The automorphisms $a_1,a_2,a_3$ are part of a $\mathbb{Z}/p\mathbb{Z}\times\mathbb{Z}/p\mathbb{Z}$ action on $F_k$, which in turn induces an action on the space $H^0(\Omega^1_{F_k})$ of holomorphic differentials on $F_k$. Let me explain how the representation-theory of this group gives the desired independence.

The $\theta_{r,\alpha}$ define a linear map $\displaystyle\bigoplus_{r,\alpha}\mathbb{C}\rightarrow H^0(\Omega^1_{F_k}),$ and their linear independence is equivalent to this map being injective. The pullback rules give each $\mathbb{C}$-summand above a $\mathbb{Z}/p\mathbb{Z}\times\mathbb{Z}/p\mathbb{Z}$-representation structure so that the map is equivariant. Call this representation (for a fixed $(r,\alpha)$) $\mathbb{C}_{r,\alpha}.$ Importantly, for different $(r,\alpha)$, the $C_{r,\alpha}$ are different representations.

Now assume that $\oplus_{r,\alpha}\mathbb{C}_{r,\alpha}\rightarrow H^0(\Omega^1_{F_k})$ is not injective. The kernel, which must be a $\mathbb{Z}/p\mathbb{Z}\times\mathbb{Z}/p\mathbb{Z}$-subrepresentation of $\displaystyle\bigoplus_{r,\alpha}\mathbb{C}_{r,\alpha},$ must in fact take the form $$\displaystyle\bigoplus_{(r,\alpha)\in S}\mathbb{C}_{r,\alpha}$$ for some set $S$.

But if $S$ is nontrivial, then that implies that some $\theta_{r,\alpha}$ is trivial, which is clearly not true.

If you wish to remove the representation theory from this argument, here is an elementary translation. (But I still recommend learning the representation theory, because it's broadly useful for this kind of study.)

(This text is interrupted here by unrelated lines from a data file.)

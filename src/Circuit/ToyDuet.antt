-- ===== src/Circuit/ToyDuet.antt =====
-- An instance of the operations on shares that circuit PSI uses, with the laws that it relies on.
use mathlib.Core.List.{flatten}
use Prim.Native.Nat.{bit_xor}
use petace_set_ops.Base.{
  ℕ, zero, suc, ◌+◌, ◌*◌, ◌%◌, ◌^◌, ◌<◌, ◌≡◌, refl, ap, ◌∙◌, List, [], Bool, true, false, arith,
  length, get_or, ◌==◌, if◌then◌else◌,
}
use petace_set_ops.Net.{Proc, done, send, recv}
use petace_set_ops.Net.Meet.{Meets, Meets-send_left}
use petace_set_ops.Psi.Unpack.{AllOfLength, length-flatten}
use petace_set_ops.Circuit.Tables.{Matrix, Duet, tabulate}
use petace_set_ops.Circuit.Words.{length-tabulate, get_or-tabulate}
use petace_set_ops.Circuit.Shares.{DuetLaws}
use petace_set_ops.Circuit.Toy.{get_or-flatten}

-- Operations for which the sender shows its shares, and the receiver computes on them alone.
abbrev cells : ℕ → ℕ → Matrix → List ℕ
cells rows columns x = flatten (tabulate rows 0 (λ i. tabulate columns 0 (x i)))

abbrev cell : ℕ → List ℕ → Matrix
cell columns words i j = get_or words (i * columns + j) 0

abbrev equal_bit : ℕ → ℕ → ℕ → ℕ → ℕ
equal_bit x y x' y' = if (x + x') % 2 ^ 64 == (y + y') % 2 ^ 64 then 1 else 0

abbrev chosen_sum : ℕ → ℕ → ℕ → ℕ → ℕ
chosen_sum c c' x x' = if bit_xor c c' == 1 then (x + x') % 2 ^ 64 else 0

abbrev show_both : Bool → ℕ → ℕ → Matrix → Matrix → (List ℕ → List ℕ → Matrix) → Proc Matrix
show_both true rows columns x y f =
    send (cells rows columns x) (send (cells rows columns y) (done (λ i j. 0)))
show_both false rows columns x y f =
    recv (rows * columns) (λ xs. recv (rows * columns) (λ ys. done (f xs ys)))

abbrev pub shown : Duet
shown = record {
  equal = λ party rows columns x y.
      show_both party rows columns x y
        (λ xs ys i j. equal_bit (cell columns xs i j) (cell columns ys i j) (x i j) (y i j));
  multiplexer = λ party rows columns c x.
      show_both party rows columns c x
        (λ cs xs i j. chosen_sum (cell columns cs i j) (c i j) (cell columns xs i j) (x i j));
}

cells-AllOfLength :
    (columns : ℕ) (x : Matrix) (n i : ℕ)
    → AllOfLength columns (tabulate n i (λ i. tabulate columns 0 (x i)))
cells-AllOfLength columns x zero i = tt
cells-AllOfLength columns x (suc n) i =
    (length-tabulate columns 0 (x i), cells-AllOfLength columns x n (i + 1))

length-cells : (rows columns : ℕ) (x : Matrix) → length (cells rows columns x) ≡ rows * columns
length-cells rows columns x =
    length-flatten _ columns (cells-AllOfLength columns x rows 0)
    ∙ ap (λ n. n * columns) (length-tabulate rows 0 (λ i. tabulate columns 0 (x i)))

cell-cells :
    (rows columns : ℕ) (x : Matrix) (i j : ℕ)
    → i < rows
    → j < columns
    → cell columns (cells rows columns x) i j ≡ x i j
cell-cells rows columns x i j hi hj =
    let row : ℕ → List ℕ = λ i. tabulate columns 0 (x i) in
    let plain_i : 0 + i ≡ i = omega arith in
    let plain_j : 0 + j ≡ j = omega arith in
    get_or-flatten columns (tabulate rows 0 row) i j (cells-AllOfLength columns x rows 0)
      (omega (arith, hi, length-tabulate rows 0 row)) hj
    ∙ ap (λ r. get_or r j 0) (get_or-tabulate rows 0 row i [] hi)
    ∙ get_or-tabulate columns 0 (x (0 + i)) j 0 hj
    ∙ (λ k. x (plain_i k) (plain_j k))

shown-Meets :
    (rows columns : ℕ) (x y x' y' : Matrix) (f g : List ℕ → List ℕ → Matrix)
    → Meets
        (show_both true rows columns x y f)
        (show_both false rows columns x' y' g)
        (done (λ i j. 0))
        (done (g (cells rows columns x) (cells rows columns y)))
shown-Meets rows columns x y x' y' f g =
    Meets-send_left _ _ _ _ _ _ (length-cells rows columns x)
      (Meets-send_left _ _ _ _ _ _ (length-cells rows columns y) (0, refl))

bit_lt : (b : Bool) → ◌<◌ (if b then 1 else 0) 2
bit_lt true = omega arith
bit_lt false = omega arith

zero-bit_xor_bit : (b : Bool) → ◌≡◌ {A = ℕ} (bit_xor 0 (if b then 1 else 0)) (if b then 1 else 0)
zero-bit_xor_bit true = refl
zero-bit_xor_bit false = refl

chosen_word :
    (b : Bool) (n : ℕ)
    → (0 + (if b then n % 2 ^ 64 else 0)) % 2 ^ 64 ≡ (if b then n % 2 ^ 64 else 0)
chosen_word true n = omega arith
chosen_word false n = refl

pub shown_laws : DuetLaws shown
shown_laws = record {
  equal_s = λ rows columns xs ys xr yr i j. 0;
  equal_r = λ rows columns xs ys xr yr i j.
      equal_bit (cell columns (cells rows columns xs) i j)
        (cell columns (cells rows columns ys) i j) (xr i j) (yr i j);
  equal_Meets = λ rows columns xs ys xr yr. shown-Meets rows columns xs ys xr yr (λ a b i j. 0) _;
  bits_s = λ rows columns xs ys xr yr i j hi hj. omega arith;
  bits_r = λ rows columns xs ys xr yr i j hi hj. bit_lt _;
  equal_bits = λ rows columns xs ys xr yr i j hi hj. zero-bit_xor_bit _ ∙ (λ k.
      equal_bit (cell-cells rows columns xs i j hi hj k) (cell-cells rows columns ys i j hi hj k)
        (xr i j) (yr i j));
  mux_s = λ rows columns cs cr xs xr i j. 0;
  mux_r = λ rows columns cs cr xs xr i j.
      chosen_sum (cell columns (cells rows columns cs) i j) (cr i j)
        (cell columns (cells rows columns xs) i j) (xr i j);
  mux_Meets = λ rows columns cs cr xs xr. shown-Meets rows columns cs xs cr xr (λ a b i j. 0) _;
  mux_sum = λ rows columns cs cr xs xr i j hi hj. chosen_word _ _ ∙ (λ k.
      chosen_sum (cell-cells rows columns cs i j hi hj k) (cr i j)
        (cell-cells rows columns xs i j hi hj k) (xr i j));
}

Assume the $\theta_{r,\alpha}$ are not linearly independent. Then take a relation $$\displaystyle\sum_{(r,\alpha)\in S} c_{r,\alpha}\theta_{r,\alpha}=0$$ with $|S|$ minimal. Pulling back by $a_2$, we get another relation $$\displaystyle\sum_{(r,\alpha)\in S} \omega_k^{-r-1}c_{r,\alpha}\theta_{r,\alpha}=0.$$

Now, unless these two relations are multiplies of each other, we can take some linear combination of them to get a relation with less terms, a contradiction. So they must be multiples, i.e., all the $(r,\alpha)\in S$ must have the same value of $r$. Repeating this argument but for the pullback by $a_3$ we see that they must also all have the same value of $\alpha$, i.e., $S$ must be a one element set. But that would imply that $\theta_{r,\alpha}$ is trivial, a contradiction.